Re: (Golf) mobile phone numbers - words
by tachyon (Chancellor) on May 29, 2001 at 18:14 UTC

    Hi, I don't know about in the US but in AUS we have 10 digit moblile numbers. Given that each number has 3 possible letters you might use in round numbers the search space is 59049 letter combinations per number

    Unfortunately the generation of the test keys is not *particularly* straight forward. Using my ten digit scenario for each of the 59049 test cases we might have:

    one word (a) where a=10 letters

    two words (a,b) where a+b=10 letters,

    three words (a,b,c) where a+b+c = 10 letters

    .....

    ten words (a..j) where a+b+c+d+e+f+g+h+i+j=10 letters If you remember the binomial expansion (as I vaguely do - it was a while ago) you will remember the pyramid:

    1 1 1 1 2 1 1 3 3 1 1 4 6 4 1 1 5 10 10 5 1 1 6 15 20 15 6 1 1 7 21 35 35 21 7 1 1 8 28 56 70 56 28 8 1 1 9 36 84 126 126 84 36 9 1

    What this shows us is that while there is obviously only one test case for a ten letter match there are 9 possibilities for an a+b=10 letter match, 36 possibilities for an a+b+c=10 letter match....

    Adding this up we find that there are 512 possibilities we need to consider for each of the 59049 10 letter combinations. The total search space is 30,233,088. I thought this might take a long time but that was when I thought it would be a somewhat larger search space. Should be doable in under a minute of CPU time.

    more to follow...

    tachyon

      The number of possible letter arrangements is 3**10, or 59,049, not anywere near 3e10! But even if there were 3e10 possible arrangements, that doesn't matter. You need to search the dictionary so instead of generating some huge list of possible words and then searching the dictionary to see if any of them are in it, instead go through the dictionary and see if any of the words would match the phone number!

              - tye (but my friends call me "Tye")

        Hi tye, lost the plot in the translation from 3exp10 as I wrote to decimal. Register error. I failed to register my error!

        To absolve myself from moronicity I will have to code a respnse now. Damn you (red baron)!
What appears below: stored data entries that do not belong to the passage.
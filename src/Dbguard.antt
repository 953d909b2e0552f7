-- ===== src/Dbguard.antt =====
-- internal/dbguard/guard.go: which databases the integration tests may truncate. `url.Parse` comes in
-- as its result, the host and the path.
use homepad_api.Base.{
  Bool, ◌||◌, List, [], ◌∷◌, Option, none, some, Text, codes, ◌==◌, nat_eq, text_eq, any,
  if◌then◌else◌,
}
use homepad_api.Api.Icons.Favicon.{has_part}

pub data Verdict : Type 0 where
  allowed unparsed production not_a_test : Verdict

abbrev pub production_hosts : List Text
production_hosts = codes "homepad-pg-rw.homepad.svc" ∷ codes "homepad-pg-rw.homepad" ∷ []

-- `strings.TrimPrefix(path, "/")`
abbrev pub database_name : Text → Text
database_name [] = []
database_name (c ∷ cs) = if c == b'/' then cs else c ∷ cs

-- `strings.HasSuffix(s, suffix)`
abbrev pub has_suffix : Text → Text → Bool
has_suffix suffix [] = suffix == []
has_suffix suffix (c ∷ cs) = suffix == c ∷ cs || has_suffix suffix cs

unfoldable pub check_test_database : Option (Text × Text) → Verdict
check_test_database none = unparsed
check_test_database (some (host, path)) =
    if any (λ prod. has_part prod host) production_hosts
    then production
    else let name = database_name path in
      if name == codes "homepad_test" || has_suffix (codes "_test") name
      then allowed
      else not_a_test
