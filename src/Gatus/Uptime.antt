-- ===== src/Gatus/Uptime.antt =====
-- `fillUptime` of internal/gatus/poller.go: its goroutines write in any order.
use homepad_api.Base.{
  true, false, ◌||◌, leb, ltb, contains, ◌+◌, ◌++◌, ℕ, zero, suc, ◌<◌, ◌≡◌, refl, ap, ◌∙◌, String,
  Bool, ◌&&◌, List, [], ◌∷◌, Option, none, some, ◌==◌, nat_eq, string_eq, any, lookup, length,
  arith, if◌then◌else◌, lookup-insert, eq_iff, map, Option-cases, inl, inr,
}
use homepad_api.Gatus.{
  EndpointStatus, Status, set_uptime, key_at, fill_uptime, uptime_jobs, uptime_windows,
}

abbrev pub has_job : ℕ → String → List (ℕ × String) → Bool
has_job i win jobs = any (λ j. j.0 == i && j.1 == win) jobs

has_job-append :
    (i : ℕ) (w : String) (xs ys : List (ℕ × String))
    → has_job i w (xs ++ ys) ≡ (has_job i w xs || has_job i w ys)
has_job-append i w [] ys = refl
has_job-append i w (x ∷ xs) ys = ground (arith, has_job-append i w xs ys)

has_job-map :
    (i k : ℕ) (w : String) (ws : List String)
    → has_job i w (map (λ win. (k, win)) ws) ≡ (k == i && contains ws w)
has_job-map i k w [] = ground arith
has_job-map i k w (x ∷ ws) = ground (arith, has_job-map i k w ws)

none_between : (i k : ℕ) → false ≡ (leb k i && ltb i (k + 0))
none_between i k = ground arith

range_split :
    (i k n : ℕ) (b : Bool)
    → ((k == i && b) || ((leb (suc k) i && ltb i (suc k + n)) && b))
      ≡ ((leb k i && ltb i (k + suc n)) && b)
range_split i k n b = ground arith

module _ {Fraction : Type 0} where
  abbrev pub uptime_at : ℕ → List (EndpointStatus Fraction) → List (String × Fraction)
  uptime_at i [] = []
  uptime_at zero (s ∷ ss) = s.uptime
  uptime_at (suc i) (s ∷ ss) = uptime_at i ss

  key_at-set_uptime :
      (i j : ℕ) (win : String) (v : Fraction) (ss : List (EndpointStatus Fraction))
      → key_at i (set_uptime j win v ss) ≡ key_at i ss
  unfolding set_uptime
  key_at-set_uptime i j win v [] = refl
  key_at-set_uptime zero zero win v (s ∷ ss) = refl
  key_at-set_uptime zero (suc j) win v (s ∷ ss) = refl
  key_at-set_uptime (suc i) zero win v (s ∷ ss) = refl
  key_at-set_uptime (suc i) (suc j) win v (s ∷ ss) = key_at-set_uptime i j win v ss

  length-set_uptime :
      (j : ℕ) (win : String) (v : Fraction) (ss : List (EndpointStatus Fraction))
      → length (set_uptime j win v ss) ≡ length ss
  unfolding set_uptime
  length-set_uptime j win v [] = refl
  length-set_uptime zero win v (s ∷ ss) = refl
  length-set_uptime (suc j) win v (s ∷ ss) = ap suc (length-set_uptime j win v ss)

  lookup-set_uptime :
      (i j : ℕ) (win w : String) (v : Fraction) (ss : List (EndpointStatus Fraction))
      → i < length ss
      → lookup w (uptime_at i (set_uptime j win v ss))
        ≡ (if j == i && win == w then some v else lookup w (uptime_at i ss))
  unfolding set_uptime
  lookup-set_uptime i j win w v [] h = absurd (omega arith)
  lookup-set_uptime zero zero win w v (s ∷ ss) h = ground (arith, lookup-insert win w v s.uptime)
  lookup-set_uptime zero (suc j) win w v (s ∷ ss) h = ground arith
  lookup-set_uptime (suc i) zero win w v (s ∷ ss) h = ground arith
  lookup-set_uptime (suc i) (suc j) win w v (s ∷ ss) h =
      ground (arith, lookup-set_uptime i j win w v ss (omega arith))

  -- After any schedule of the jobs, a window that was asked for an endpoint of the list holds
  -- what Gatus answered for the endpoint's key, if it answered, and else what it held before.
  pub lookup-fill_uptime :
      (fetch : String → String → Option Fraction) (jobs : List (ℕ × String)) (i : ℕ) (w : String)
      (ss : List (EndpointStatus Fraction))
      → i < length ss
      → lookup w (uptime_at i (fill_uptime fetch jobs ss))
        ≡ elim (if has_job i w jobs then fetch (key_at i ss) w else none) [
          | none ↦ lookup w (uptime_at i ss)
          | some v ↦ some v
        ]
  unfolding fill_uptime
  lookup-fill_uptime fetch [] i w ss h = refl
  lookup-fill_uptime fetch ((j, win) ∷ jobs) i w ss h =
      elim (Option-cases (fetch (key_at j ss) win)) [
        | inl silent ↦ ground (arith, silent, eq_iff win w, lookup-fill_uptime fetch jobs i w ss h)
        | inr (v, answer) ↦ ground (
          arith,
          answer,
          eq_iff win w,
          key_at-set_uptime i j win v ss,
          length-set_uptime j win v ss,
          lookup-set_uptime i j win w v ss h,
          lookup-fill_uptime fetch jobs i w (set_uptime j win v ss),
        )
      ]

  -- The jobs that are started: each window of each endpoint.
  has_job-uptime_jobs :
      (i k : ℕ) (w : String) (ss : List (EndpointStatus Fraction))
      → has_job i w (uptime_jobs k ss)
        ≡ ((leb k i && ltb i (k + length ss)) && contains uptime_windows w)
  unfolding uptime_jobs
  has_job-uptime_jobs i k w [] = ap (λ b. b && contains uptime_windows w) (none_between i k)
  has_job-uptime_jobs i k w (s ∷ ss) =
      has_job-append i w (map (λ win. (k, win)) uptime_windows) (uptime_jobs (suc k) ss)
      ∙ ap (λ b. b || has_job i w (uptime_jobs (suc k) ss)) (has_job-map i k w uptime_windows)
      ∙ ap (λ b. (k == i && contains uptime_windows w) || b) (has_job-uptime_jobs i (suc k) w ss)
      ∙ range_split i k (length ss) (contains uptime_windows w)

  -- In any order of the goroutines each window of each endpoint is asked for, and holds the answer
  -- for the endpoint's key, if there was one.
  fill_uptime_lem :
      (fetch : String → String → Option Fraction) (jobs : List (ℕ × String)) (i : ℕ) (w : String)
      (ss : List (EndpointStatus Fraction))
      → ((j : ℕ) (win : String) → has_job j win jobs ≡ has_job j win (uptime_jobs 0 ss))
      → i < length ss
      → contains uptime_windows w ≡ true
      → lookup w (uptime_at i (fill_uptime fetch jobs ss))
        ≡ elim (fetch (key_at i ss) w) [ none ↦ lookup w (uptime_at i ss) | some v ↦ some v ]
  fill_uptime_lem fetch jobs i w ss same h window =
      let asked : has_job i w jobs ≡ true =
        same i w ∙ ground (arith, has_job-uptime_jobs i 0 w ss, window) in
      lookup-fill_uptime fetch jobs i w ss h
      ∙ ap
          (λ b. elim (if b then fetch (key_at i ss) w else none) [
            | none ↦ lookup w (uptime_at i ss)
            | some v ↦ some v
          ])
          asked

  -- Neither keys nor statuses change.
  abbrev pub badge : EndpointStatus Fraction → String × Status
  badge s = (s.key, s.status)

  badge-set_uptime :
      (j : ℕ) (win : String) (v : Fraction) (ss : List (EndpointStatus Fraction))
      → map badge (set_uptime j win v ss) ≡ map badge ss
  unfolding set_uptime
  badge-set_uptime j win v [] = refl
  badge-set_uptime zero win v (s ∷ ss) = refl
  badge-set_uptime (suc j) win v (s ∷ ss) = ap (◌∷◌ (badge s)) (badge-set_uptime j win v ss)

  pub badge-fill_uptime :
      (fetch : String → String → Option Fraction) (jobs : List (ℕ × String))
      (ss : List (EndpointStatus Fraction))
      → map badge (fill_uptime fetch jobs ss) ≡ map badge ss
  unfolding fill_uptime
  badge-fill_uptime fetch [] ss = refl
  badge-fill_uptime fetch ((j, win) ∷ jobs) ss = elim (Option-cases (fetch (key_at j ss) win)) [
    | inl silent ↦ rw silent (badge-fill_uptime fetch jobs ss)
    | inr (v, answer) ↦
        rw answer
          (badge-fill_uptime fetch jobs (set_uptime j win v ss) ∙ badge-set_uptime j win v ss)
  ]
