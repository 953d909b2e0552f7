-- ===== src/Gatus/Polling.antt =====
-- What the poller of internal/gatus/poller.go publishes, on a good answer and on a failed one.
use homepad_api.Base.{
  ℕ, ◌≡◌, refl, ap, ◌∙◌, inl, inr, String, true, false, List, [], ◌∷◌, Option, none, some, ◌==◌,
  string_eq, if◌then◌else◌, lookup, insert, map, arith, Option-cases, lookup-insert, get_last?,
}
use homepad_api.Gatus.{
  Status, Endpoint, EndpointStatus, Answer, Poller, endpoint_status, fill_uptime, uptime_jobs,
  index_statuses, fetch, poll, poll_now,
}
use homepad_api.Gatus.Uptime.{badge, badge-fill_uptime}

-- The last endpoint of the payload with the key.
abbrev pub latest : String → List Endpoint → Option Endpoint
latest k [] = none
latest k (e ∷ es) = elim (latest k es) [
  | some f ↦ some f
  | none ↦ if e.key == k then some e else none
]

-- The status of the last entry with the key, or the old one.
abbrev last_badge : String → List (String × Status) → Option Status → Option Status
last_badge k [] old = old
last_badge k ((j, s) ∷ bs) old = last_badge k bs (if j == k then some s else old)

module _ {Fraction : Type 0} where
  abbrev pub status_in : String → List (String × EndpointStatus Fraction) → Option Status
  status_in k m = elim (lookup k m) [ none ↦ none | some s ↦ some s.status ]

  status_in-index :
      (k : String) (ss : List (EndpointStatus Fraction))
      (m : List (String × EndpointStatus Fraction))
      → status_in k (index_statuses ss m) ≡ last_badge k (map badge ss) (status_in k m)
  unfolding index_statuses
  status_in-index k [] m = refl
  status_in-index k (s ∷ ss) m =
      status_in-index k ss (insert s.key s m)
      ∙ ap (last_badge k (map badge ss)) (ground (arith, lookup-insert s.key k s m))

module _ (Fraction : Type 0) where
  endpoint_status-key :
      (d : ℕ) (e : Endpoint) → (endpoint_status {Fraction = Fraction} d e).key ≡ e.key
  unfolding endpoint_status
  endpoint_status-key d e = elim (Option-cases (get_last? e.results)) [
    | inl no_last ↦ rw (no_last, endpoint_status)
    | inr (r, found) ↦ rw (found, endpoint_status)
  ]

  last_badge-latest :
      (d : ℕ) (k : String) (es : List Endpoint) (old : Option Status)
      → last_badge k (map (badge {Fraction = Fraction}) (map (endpoint_status d) es)) old
        ≡ elim (latest k es) [
          | none ↦ old
          | some e ↦ some (endpoint_status {Fraction = Fraction} d e).status
        ]
  last_badge-latest d k [] old = refl
  last_badge-latest d k (e ∷ es) old =
      last_badge-latest d k es _ ∙ ground (arith, endpoint_status-key d e)

module _ {Fraction : Type 0} where
  -- After a poll that Gatus answered, the status under a key is that of the last endpoint of the
  -- payload with the key, at the threshold in force; the time is the poll's.
  pub poll_answered :
      (a : Answer Fraction) (p : Poller Fraction) (es : List Endpoint) (k : String)
      → a.payload ≡ some es
      → (status_in k (poll a p).snapshot.statuses ≡ elim (latest k es) [
        | none ↦ none
        | some e ↦ some (endpoint_status {Fraction = Fraction} p.degraded_after e).status
      ])
        × ((poll a p).snapshot.as_of ≡ a.now)
        × (poll_now a p ≡ (((poll a p).snapshot, true), poll a p))
  unfolding poll poll_now
  poll_answered a p es k answered =
      rw (answered, fetch)
        ((
          status_in-index k (fill_uptime a.uptime (a.schedule (uptime_jobs 0 fetched)) fetched) []
              ∙ ap (λ bs. last_badge k bs none)
                  (badge-fill_uptime a.uptime (a.schedule (uptime_jobs 0 fetched)) fetched)
              ∙ last_badge-latest Fraction p.degraded_after k es none,
          refl,
          refl,
        ))
    where
      fetched : List (EndpointStatus Fraction)
      fetched = map (endpoint_status p.degraded_after) es

  -- After one that failed, a scheduled poll has published an empty snapshot and a manual one has
  -- left the old one standing.
  pub poll_failed :
      (a : Answer Fraction) (p : Poller Fraction)
      → a.payload ≡ none
      → ((poll a p).snapshot ≡ record { as_of = a.now; statuses = [] })
        × (poll_now a p ≡ ((p.snapshot, false), p))
  unfolding poll poll_now
  poll_failed a p failed = ground arith
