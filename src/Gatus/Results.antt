-- ===== src/Gatus/Results.antt =====
-- The status and the history that `FetchAll` of internal/gatus/poller.go derives.
use homepad_api.Base.{
  ℕ, zero, suc, ◌-◌, ◌≤◌, ◌<◌, ◌≡◌, refl, ◌↔◌, ◌⊎◌, inl, inr, ap, true, false, List, [], ◌∷◌, ◌++◌,
  none, some, ltb, length, drop, get_last?, arith, Bool-cases, Option-cases, ltb→lt, length-drop,
}
use homepad_api.Base.Int.{pos_part}
use homepad_api.Gatus.{
  up, down, degraded, unknown, CheckResult, Endpoint, EndpointStatus, max_results, status_of,
  recent, endpoint_status,
}

-- A check reads DOWN if it failed, DEGRADED if it succeeded and took longer than a threshold that
-- is not 0, and UP in all other cases.
pub status_of_iff :
    (d : ℕ) (r : CheckResult)
    → ((status_of d r ≡ down) ↔ (r.success ≡ false))
      × ((status_of d r ≡ degraded) ↔ ((r.success ≡ true) × (0 < d) × (d < pos_part r.duration)))
      × ((status_of d r ≡ up) ↔ ((r.success ≡ true) × ((d ≡ 0) ⊎ (pos_part r.duration ≤ d))))
unfolding status_of
status_of_iff d r = (ground arith, ground arith, ground arith)

module _ {ℓ} {A : Type ℓ} where
  abbrev pub take : ℕ → List A → List A
  take zero xs = []
  take (suc n) [] = []
  take (suc n) (x ∷ xs) = x ∷ take n xs

  take-append-drop : (n : ℕ) (xs : List A) → xs ≡ take n xs ++ drop n xs
  take-append-drop zero xs = refl
  take-append-drop (suc n) [] = refl
  take-append-drop (suc n) (x ∷ xs) = ap (◌∷◌ x) (take-append-drop n xs)

  get_last?-drop : (n : ℕ) (xs : List A) → n < length xs → get_last? (drop n xs) ≡ get_last? xs
  get_last?-drop zero xs h = refl
  get_last?-drop (suc n) [] h = absurd (omega arith)
  get_last?-drop (suc zero) (x ∷ []) h = absurd (omega arith)
  get_last?-drop (suc (suc n)) (x ∷ []) h = absurd (omega arith)
  get_last?-drop (suc n) (x ∷ y ∷ xs) h = get_last?-drop n (y ∷ xs) (omega arith)

get_last?-none {ℓ} : {A : Type ℓ} (xs : List A) → get_last? xs ≡ none → xs ≡ []
get_last?-none [] h = refl
get_last?-none (x ∷ []) h = absurd (ground arith)
get_last?-none (x ∷ y ∷ xs) h = absurd (ground (arith, get_last?-none (y ∷ xs)))

length_of_last {ℓ} : {A : Type ℓ} (xs : List A) (x : A) → get_last? xs ≡ some x → 0 < length xs
length_of_last [] x h = absurd (ground arith)
length_of_last (y ∷ xs) x h = omega arith

-- A history as it is shown: an end of Gatus's, with its last check, and all of it if it is short.
pub record IsShown (all shown : List CheckResult) : Type 0 where
  pub older : List CheckResult
  pub suffix : all ≡ older ++ shown
  pub bounded : length shown ≤ max_results
  pub whole : length all ≤ max_results → shown ≡ all
  pub last : get_last? shown ≡ get_last? all

recent-IsShown : (rs : List CheckResult) → IsShown rs (recent rs)
unfolding recent
recent-IsShown rs = elim (Bool-cases (ltb max_results (length rs))) [
  | inl long ↦ rw long (record {
    older = take (length rs - max_results) rs;
    suffix = take-append-drop (length rs - max_results) rs;
    bounded = omega (arith, length-drop (length rs - max_results) rs, ltb→lt _ _ long);
    whole = λ short. absurd (omega (arith, ltb→lt _ _ long));
    last = get_last?-drop (length rs - max_results) rs (omega (arith, ltb→lt _ _ long));
  })
  | inr short ↦
      rw short (record {
        older = [];
        suffix = refl;
        bounded = ground arith;
        whole = λ _. refl;
        last = refl;
      })
]

-- The history shown is the end of Gatus's, all of it up to 20 results, with the check that the
-- status is of as its last entry; an endpoint without results is UNKNOWN.
pub endpoint_status_lem :
    (Fraction : Type 0) (d : ℕ) (e : Endpoint)
    → let s : EndpointStatus Fraction = endpoint_status d e in
      IsShown e.results s.results
      × (e.results ≡ [] → s.status ≡ unknown)
      × ((last : CheckResult) → get_last? e.results ≡ some last → s.status ≡ status_of d last)
unfolding endpoint_status
endpoint_status_lem Fraction d e = elim (Option-cases (get_last? e.results)) [
  | inl no_last ↦
      rw (no_last, endpoint_status)
        ((
          rw (get_last?-none e.results no_last) (record {
            older = [];
            suffix = refl;
            bounded = omega arith;
            whole = λ _. refl;
            last = refl;
          }),
          λ _. refl,
          λ last found. absurd (ground arith),
        ))
  | inr (r, found) ↦
      rw (found, endpoint_status)
        ((recent-IsShown e.results, λ empty. absurd (ground arith), λ last same. ground arith))
]
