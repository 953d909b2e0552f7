-- ===== src/Gatus/Tests.antt =====
-- Polls of a concrete payload.
use homepad_api.Base.{
  ℕ, ◌≡◌, refl, String, true, List, [], ◌∷◌, Option, none, some, string_eq, lookup, if◌then◌else◌,
  get_last?, arith,
}
use homepad_api.Base.Int.{pos}
use homepad_api.Gatus.{
  unknown, CheckResult, Endpoint, EndpointStatus, Answer, Poller, status_of, endpoint_status,
  fill_uptime, key_at, new_poller, poll, poll_now, default_degraded_after,
}
use homepad_api.Gatus.Results.{endpoint_status_lem, IsShown}
use homepad_api.Gatus.Uptime.{uptime_at, has_job, lookup-fill_uptime}
use homepad_api.Gatus.Polling.{latest, status_in, poll_answered}

abbrev quick : CheckResult
quick = record { success = true; timestamp = 10; duration = pos 41000000 }

abbrev slow : CheckResult
slow = record { success = true; timestamp = 20; duration = pos 2000000000 }

abbrev web : Endpoint
web = record { key = "web"; results = quick ∷ slow ∷ [] }

endpoint_status_lem_example :
    let s : EndpointStatus ℕ = endpoint_status default_degraded_after web in
    IsShown web.results s.results
    × (web.results ≡ [] → s.status ≡ unknown)
    × ((last : CheckResult)
        → get_last? web.results ≡ some last
        → s.status ≡ status_of default_degraded_after last)
endpoint_status_lem_example = endpoint_status_lem ℕ default_degraded_after web

abbrev uptimes : String → String → Option ℕ
uptimes key win = some 99

abbrev shown : List (EndpointStatus ℕ)
shown = endpoint_status default_degraded_after web ∷ []

lookup-fill_uptime_example :
    lookup "24h" (uptime_at 0 (fill_uptime uptimes ((0, "7d") ∷ (0, "24h") ∷ []) shown))
    ≡ elim (if has_job 0 "24h" ((0, "7d") ∷ (0, "24h") ∷ [])
        then uptimes (key_at 0 shown) "24h"
        else none) [ none ↦ lookup "24h" (uptime_at 0 shown) | some v ↦ some v ]
lookup-fill_uptime_example =
    lookup-fill_uptime uptimes ((0, "7d") ∷ (0, "24h") ∷ []) 0 "24h" shown (omega arith)

abbrev good : Answer ℕ
good = record { now = 30; payload = some (web ∷ []); uptime = uptimes; schedule = λ jobs. jobs }

abbrev bad : Answer ℕ
bad = record { now = 40; payload = none; uptime = uptimes; schedule = λ jobs. jobs }

abbrev start : Poller ℕ
start = new_poller default_degraded_after 5

poll_answered_example :
    (status_in "web" (poll good start).snapshot.statuses ≡ elim (latest "web" (web ∷ [])) [
      | none ↦ none
      | some e ↦ some (endpoint_status {Fraction = ℕ} start.degraded_after e).status
    ])
    × ((poll good start).snapshot.as_of ≡ good.now)
    × (poll_now good start ≡ (((poll good start).snapshot, true), poll good start))
poll_answered_example = poll_answered good start (web ∷ []) "web" refl
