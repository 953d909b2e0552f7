-- ===== src/Oidc/Pending/Laws.antt =====
-- Put and Take of internal/oidc/oidc.go: a login is given back once.
use homepad_api.Base.{
  ℕ, ◌+◌, ◌≤◌, false, List, [], ◌∷◌, Option, none, some, Text, text_eq, lookup, any, ◌≡◌, refl,
  arith, lookup-insert, lookup-erase, equals_refl, Option-cases, inl, inr,
}
use homepad_api.Oidc.Pending.{
  PendingEntry, Pending, put, take, Event, puts, takes, after, after_all, is_about, starts,
}

abbrev entry_of : Text → Pending → Option PendingEntry
entry_of state p = lookup state p.entries

-- What is about other logins leaves the entry.
after-entry_of :
    (state : Text) (e : Event) (p : Pending)
    → is_about state e ≡ false
    → entry_of state (after e p) ≡ entry_of state p
unfolding after put take
after-entry_of state (puts now other verifier nonce) p h = ground (
  arith,
  h,
  lookup-insert other state (record { verifier = verifier; nonce = nonce; expires = now + p.ttl })
      p.entries,
)
after-entry_of state (takes now other) p h = elim (Option-cases (lookup other p.entries)) [
  | inl missing ↦ ground (arith, missing)
  | inr (e, found) ↦ ground (arith, h, found, lookup-erase other state p.entries)
]

after_all-entry_of :
    (state : Text) (es : List Event) (p : Pending)
    → any (is_about state) es ≡ false
    → entry_of state (after_all es p) ≡ entry_of state p
unfolding after_all
after_all-entry_of state [] p h = refl
after_all-entry_of state (e ∷ es) p h =
    ground (arith, h, after-entry_of state e p, after_all-entry_of state es (after e p))

-- A login that is not there does not come back by itself.
after-missing :
    (state : Text) (e : Event) (p : Pending)
    → starts state e ≡ false
    → entry_of state p ≡ none
    → entry_of state (after e p) ≡ none
unfolding after put take
after-missing state (puts now other verifier nonce) p h missing = ground (
  arith,
  h,
  missing,
  lookup-insert other state (record { verifier = verifier; nonce = nonce; expires = now + p.ttl })
      p.entries,
)
after-missing state (takes now other) p h missing = elim (Option-cases (lookup other p.entries)) [
  | inl absent ↦ ground (arith, absent, missing)
  | inr (e, found) ↦ ground (arith, missing, found, lookup-erase other state p.entries)
]

after_all-missing :
    (state : Text) (es : List Event) (p : Pending)
    → any (starts state) es ≡ false
    → entry_of state p ≡ none
    → entry_of state (after_all es p) ≡ none
unfolding after_all
after_all-missing state [] p h missing = missing
after_all-missing state (e ∷ es) p h missing =
    ground (arith, h, missing, after-missing state e p, after_all-missing state es (after e p))

taken_away : (now : ℕ) (state : Text) (p : Pending) → entry_of state (take now state p).1 ≡ none
unfolding take
taken_away now state p = elim (Option-cases (lookup state p.entries)) [
  | inl missing ↦ ground (arith, missing)
  | inr (e, found) ↦ ground (arith, found, lookup-erase state state p.entries, equals_refl state)
]

-- A login that was put is given back with its verifier and its nonce, however many other logins are
-- put and taken in between, to a take within its time to live.
pub take-put :
    (now later : ℕ) (state verifier nonce : Text) (es : List Event) (p : Pending)
    → any (is_about state) es ≡ false
    → later ≤ now + p.ttl
    → (take later state (after_all es (put now state verifier nonce p))).0 ≡ some (verifier, nonce)
unfolding take put
take-put now later state verifier nonce es p apart soon =
    let entry : PendingEntry = record {
      verifier = verifier;
      nonce = nonce;
      expires = now + p.ttl;
    } in
    let q = put now state verifier nonce p in
    let found : entry_of state q ≡ some entry =
      ground (arith, lookup-insert state state entry p.entries, equals_refl state) in
    ground (arith, soon, found, after_all-entry_of state es q apart)

-- Once a login is taken, whether in time or too late, every later take of it fails until a login
-- with that state is put again, whatever else is put and taken in between.
pub take_once :
    (now later : ℕ) (state : Text) (es : List Event) (p : Pending)
    → any (starts state) es ≡ false
    → (take later state (after_all es (take now state p).1)).0 ≡ none
unfolding take
take_once now later state es p apart =
    ground (arith, after_all-missing state es (take now state p).1 apart (taken_away now state p))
I just hate it when people point out my calculations are a *mere* 50805 orders of magnitude off.

        Despite that fundamental error the basic binomial point is valid. For any ten digit number we are most likely to find a solution from several small words rather than one big word:

        For example, here are some 10 letter possibilities:

        Colt Firearms: very-big-gun; rat-a-tat-tat; you-are-dead;

        Perl Security: the-perl-kid; perl-hacker; naughty-boy; the-perl-man; perl-secure; now-at-intel; perl-busted; lawyer-crap; in-hot-water; im-ok-for-now; just-call-us; dont-foobar; we-know-perl;

        Perl lyrics: p-p-p-p-p-p-perl; shes-my-baby;.....p-p-p-perl, I don't mean maybe.